Das angeln mit lebendem Köderfisch ist eigentlich nur bei passivem fischen im Stillwasser von Vorteil. In Flüssen oder beim Spürangeln, wo der Köder durch die Strömung oder durch die Aktion des Anglers permanent bewegt wird, ist der tote Köderfisch mindestens genauso gut. Auch sollte die Montage so schonend wie möflich sein, weil der Köderfisch ja möglichst lange leben soll. Etwas anderes als die Lippenköderung halte ich da für unsinnig, weil es den Fisch zu stark verletzt. Aktives angeln mit totem Köderfisch ist in aller Regel wesentlich effektiver als der Ansitz mit lebendem Köfi. Ganz einfach weil man mehr Strecke macht und die Wahrscheinlichkeit größer ist, einen hungrigen Raubfisch zu finden. 

Das mitzunehmende Angelzubehör erklärt sich aus der jeweils verwendeten Methode incl. der immer notwendigen Gerätschaften.

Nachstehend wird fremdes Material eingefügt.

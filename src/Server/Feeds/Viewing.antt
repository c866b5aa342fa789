-- ===== src/Server/Feeds/Viewing.antt =====
-- The view of a stream of one symbol (server/src/publisher.cpp, `route`).
use Prim.Native.String.{String}
use order_book_engine.Prelude.{
  ℕ, ◌+◌, ◌%◌, ◌<◌, ◌≤◌, length, true, false, ◌&&◌, Option, none, some, List, [], ◌∷◌, ◌++◌, ◌≡◌,
  refl, sym, ap, subst, ◌∙◌, inl, inr, ◌⊎◌, arith, Bool-cases, if_both, lookup, lookup-insert, ◌==◌,
  ==_iff, same_name,
}
use order_book_engine.Book.State.{word}
use order_book_engine.Server.Commands.{Output, MarketEvent, SnapshotReady, Reply}
use order_book_engine.Server.Worker.Streams.Dating.{Stream}
use order_book_engine.Server.Subscription.{FeedItem}
use order_book_engine.Server.Publisher.{Subscriber, SymbolState, make_live, shows}
use order_book_engine.Server.Publisher.Views.{view, shown, after, waits, go_live, gets_replies}
use order_book_engine.Server.Feeds.{items_about, Numbered}

abbrev pub waiting_state : SymbolState
waiting_state = record { live = false; skip_below = 0 }

abbrev pub live_from : ℕ → SymbolState
live_from wanted = record { live = true; skip_below = wanted }

-- The numbers of the events do not come below `wanted` again.
abbrev pub StaysAbove : ℕ → ℕ → List Output → Type 0
StaysAbove wanted next outs = (wanted ≡ 0) ⊎ ((wanted ≤ next) × (next + length outs < word))

StaysAbove-skip :
    (wanted next : ℕ) (o : Output) (outs : List Output)
    → StaysAbove wanted next (o ∷ outs)
    → StaysAbove wanted next outs
StaysAbove-skip wanted next o outs h = ground arith

StaysAbove-next :
    (wanted next : ℕ) (o : Output) (outs : List Output)
    → StaysAbove wanted next (o ∷ outs)
    → StaysAbove wanted ((next + 1) % word) outs
StaysAbove-next wanted next o outs (inl zero_wanted) = inl zero_wanted
StaysAbove-next wanted next o outs (inr (le, small)) =
    inr (omega (arith, le, small), omega (arith, le, small))

pub items_about-append :
    (s : ℕ) (xs ys : List FeedItem)
    → items_about s (xs ++ ys) ≡ items_about s xs ++ items_about s ys
items_about-append s [] ys = refl
items_about-append s (FeedItem.market_event e ∷ xs) ys = ground (arith, items_about-append s xs ys)
items_about-append s (FeedItem.snapshot_ready r ∷ xs) ys =
    ground (arith, items_about-append s xs ys)
items_about-append s (FeedItem.reply r ∷ xs) ys = items_about-append s xs ys

-- An output that shows the subscriber nothing about the symbol, and leaves its state for it.
abbrev pub IsQuiet : ℕ → ℕ → String → Output → Subscriber → Type 0
IsQuiet s id g o entry =
    (items_about s (shown id g o entry) ≡ [])
    × (lookup s (after id o entry).live ≡ lookup s entry.live)

pub other_event-IsQuiet :
    (s id : ℕ) (g : String) (e : MarketEvent) (entry : Subscriber)
    → (s == e.symbol) ≡ false
    → IsQuiet s id g (Output.market_event e) entry
other_event-IsQuiet s id g e entry other = (
  if_both (λ xs. items_about s xs ≡ []) (shows e.event.sequence_number (lookup e.symbol entry.live))
      _ _ (λ seen. rw other refl) (λ hidden. refl),
  refl,
)

pub hidden_event-IsQuiet :
    (s id : ℕ) (g : String) (e : MarketEvent) (entry : Subscriber)
    → (s == e.symbol) ≡ true
    → lookup s entry.live ≡ some waiting_state
    → IsQuiet s id g (Output.market_event e) entry
hidden_event-IsQuiet s id g e entry mine waiting =
    let found : lookup e.symbol entry.live ≡ some waiting_state =
      rw (← (==_iff s e.symbol).0 mine) waiting in
    (rw found refl, refl)

pub reply-IsQuiet :
    (s id : ℕ) (g : String) (r : Reply) (entry : Subscriber) → IsQuiet s id g (Output.reply r) entry
reply-IsQuiet s id g r entry = (
  if_both (λ xs. items_about s xs ≡ []) (gets_replies entry.kind && same_name r.gateway_id g) _ _
      (λ mine. refl) (λ other. refl),
  refl,
)

go_live-other :
    (s symbol : ℕ) (o : Option SymbolState) (entry : Subscriber)
    → (s == symbol) ≡ false
    → lookup s (go_live symbol o entry).live ≡ lookup s entry.live
go_live-other s symbol none entry other = refl
go_live-other s symbol (some st) entry other =
    if_both (λ (x : Subscriber). lookup s x.live ≡ lookup s entry.live) st.live entry
      (make_live symbol st entry) (λ already. refl)
      (λ waiting. lookup-insert symbol s (record st { live = true }) entry.live ∙ rw other refl)

pub other_snapshot-IsQuiet :
    (s id : ℕ) (g : String) (r : SnapshotReady) (entry : Subscriber)
    → (s == r.symbol) ≡ false
    → IsQuiet s id g (Output.snapshot_ready r) entry
other_snapshot-IsQuiet s id g r entry other = (
  if_both (λ xs. items_about s xs ≡ []) (id == r.subscriber && waits (lookup r.symbol entry.live)) _
      _ (λ mine. rw other refl) (λ hidden. refl),
  if_both (λ (x : Subscriber). lookup s x.live ≡ lookup s entry.live) (id == r.subscriber) _ _
      (λ mine. go_live-other s r.symbol (lookup r.symbol entry.live) entry other) (λ aside. refl),
)

pub aside_snapshot-IsQuiet :
    (s id : ℕ) (g : String) (r : SnapshotReady) (entry : Subscriber)
    → (id == r.subscriber) ≡ false
    → IsQuiet s id g (Output.snapshot_ready r) entry
aside_snapshot-IsQuiet s id g r entry aside = rw aside (refl, refl)

late_snapshot-IsQuiet :
    (s id : ℕ) (g : String) (r : SnapshotReady) (entry : Subscriber) (wanted : ℕ)
    → (s == r.symbol) ≡ true
    → lookup s entry.live ≡ some (live_from wanted)
    → IsQuiet s id g (Output.snapshot_ready r) entry
late_snapshot-IsQuiet s id g r entry wanted mine live =
    let found : lookup r.symbol entry.live ≡ some (live_from wanted) =
      rw (← (==_iff s r.symbol).0 mine) live in
    elim (Bool-cases (id == r.subscriber)) [
      | inl here ↦ rw (here, found) (refl, refl)
      | inr aside ↦ aside_snapshot-IsQuiet s id g r entry aside
    ]

pub view-quiet :
    (s id : ℕ) (g : String) (o : Output) (outs : List Output) (entry : Subscriber)
    → items_about s (shown id g o entry) ≡ []
    → items_about s (view id g (o ∷ outs) entry) ≡ items_about s (view id g outs (after id o entry))
view-quiet s id g o outs entry quiet =
    items_about-append s (shown id g o entry) (view id g outs (after id o entry))
    ∙ ap (λ xs. xs ++ items_about s (view id g outs (after id o entry))) quiet

abbrev pub FromLive : ℕ → ℕ → String → List Output → Type 0
FromLive s id g outs =
    (entry : Subscriber) (wanted next end : ℕ)
    → lookup s entry.live ≡ some (live_from wanted)
    → StaysAbove wanted next outs
    → Stream s next outs end
    → Numbered next (items_about s (view id g outs entry)) end

quiet-Numbered :
    (s id : ℕ) (g : String) (o : Output) (outs : List Output) (entry : Subscriber)
    (wanted next end : ℕ)
    → FromLive s id g outs
    → IsQuiet s id g o entry
    → lookup s entry.live ≡ some (live_from wanted)
    → StaysAbove wanted next (o ∷ outs)
    → Stream s next outs end
    → Numbered next (items_about s (view id g (o ∷ outs) entry)) end
quiet-Numbered s id g o outs entry wanted next end rest (nothing, same) live above h =
    subst (λ xs. Numbered next xs end) (sym (view-quiet s id g o outs entry nothing))
      (rest (after id o entry) wanted next end (same ∙ live)
        (StaysAbove-skip wanted next o outs above) h)

event_shown :
    (s id : ℕ) (g : String) (e : MarketEvent) (outs : List Output) (entry : Subscriber) (wanted : ℕ)
    → (s == e.symbol) ≡ true
    → lookup s entry.live ≡ some (live_from wanted)
    → StaysAbove wanted e.event.sequence_number (Output.market_event e ∷ outs)
    → items_about s (view id g (Output.market_event e ∷ outs) entry)
      ≡ FeedItem.market_event e ∷ items_about s (view id g outs entry)
event_shown s id g e outs entry wanted mine live above =
    let found : lookup e.symbol entry.live ≡ some (live_from wanted) =
      rw (← (==_iff s e.symbol).0 mine) live in
    let seen : shows e.event.sequence_number (some (live_from wanted)) ≡ true = ground arith in
    rw (found, seen, mine) refl

-- A live symbol: all its events.
pub view-Numbered : (s id : ℕ) (g : String) (outs : List Output) → FromLive s id g outs
view-Numbered s id g [] entry wanted next end live above h = h
view-Numbered s id g (Output.market_event e ∷ outs) entry wanted next end live above
      (inl (other, h)) =
    quiet-Numbered s id g (Output.market_event e) outs entry wanted next end
      (view-Numbered s id g outs) (other_event-IsQuiet s id g e entry other) live above h
view-Numbered s id g (Output.market_event e ∷ outs) entry wanted next end live above
      (inr (mine, n, h)) =
    subst (λ xs. Numbered next xs end)
      (sym (
        event_shown s id g e outs entry wanted mine live
          (subst (λ k. StaysAbove wanted k (Output.market_event e ∷ outs)) (sym n) above)))
      (
        n,
        view-Numbered s id g outs entry wanted ((next + 1) % word) end live
            (StaysAbove-next wanted next (Output.market_event e) outs above) h,
      )
view-Numbered s id g (Output.snapshot_ready r ∷ outs) entry wanted next end live above (d, h) =
    elim (Bool-cases (s == r.symbol)) [
      | inl mine ↦
          quiet-Numbered s id g (Output.snapshot_ready r) outs entry wanted next end
            (view-Numbered s id g outs) (late_snapshot-IsQuiet s id g r entry wanted mine live) live
            above h
      | inr other ↦
          quiet-Numbered s id g (Output.snapshot_ready r) outs entry wanted next end
            (view-Numbered s id g outs) (other_snapshot-IsQuiet s id g r entry other) live above h
    ]
view-Numbered s id g (Output.reply r ∷ outs) entry wanted next end live above h =
    quiet-Numbered s id g (Output.reply r) outs entry wanted next end (view-Numbered s id g outs)
      (reply-IsQuiet s id g r entry) live above h
view-Numbered s id g (Output.outbox_closed ∷ outs) entry wanted next end live above h =
    view-Numbered s id g outs entry wanted next end live
      (StaysAbove-skip wanted next Output.outbox_closed outs above) h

Das Spür- oder Wanderangeln schließt übrigens die Verwendung lebender Köfis sowieso fast aus, oder willst Du die ganze Zeit einen Eimer voll Wasser mit lebenden Ersatzköfis mitschleppen.


----------



## Thomas9904 (27. Dezember 2009)

*AW: Angeln mit lebenden Köderfisch*

Es ist nicht grundsätzlich in ganz Deutschland verboten...

Es besteht die Möglichkeit (je nach Bundesland) eine entsprechende Ausnahmegenehmigung zu bekommen..

Das wollte ja aber der TE gar nicht wissen..

Er wollte wissen, wie und mit welchen Montagen die Leute FRÜHER (als es noch größtenteils erlaubt war) mit dem lebenden Köfi gefischt haben.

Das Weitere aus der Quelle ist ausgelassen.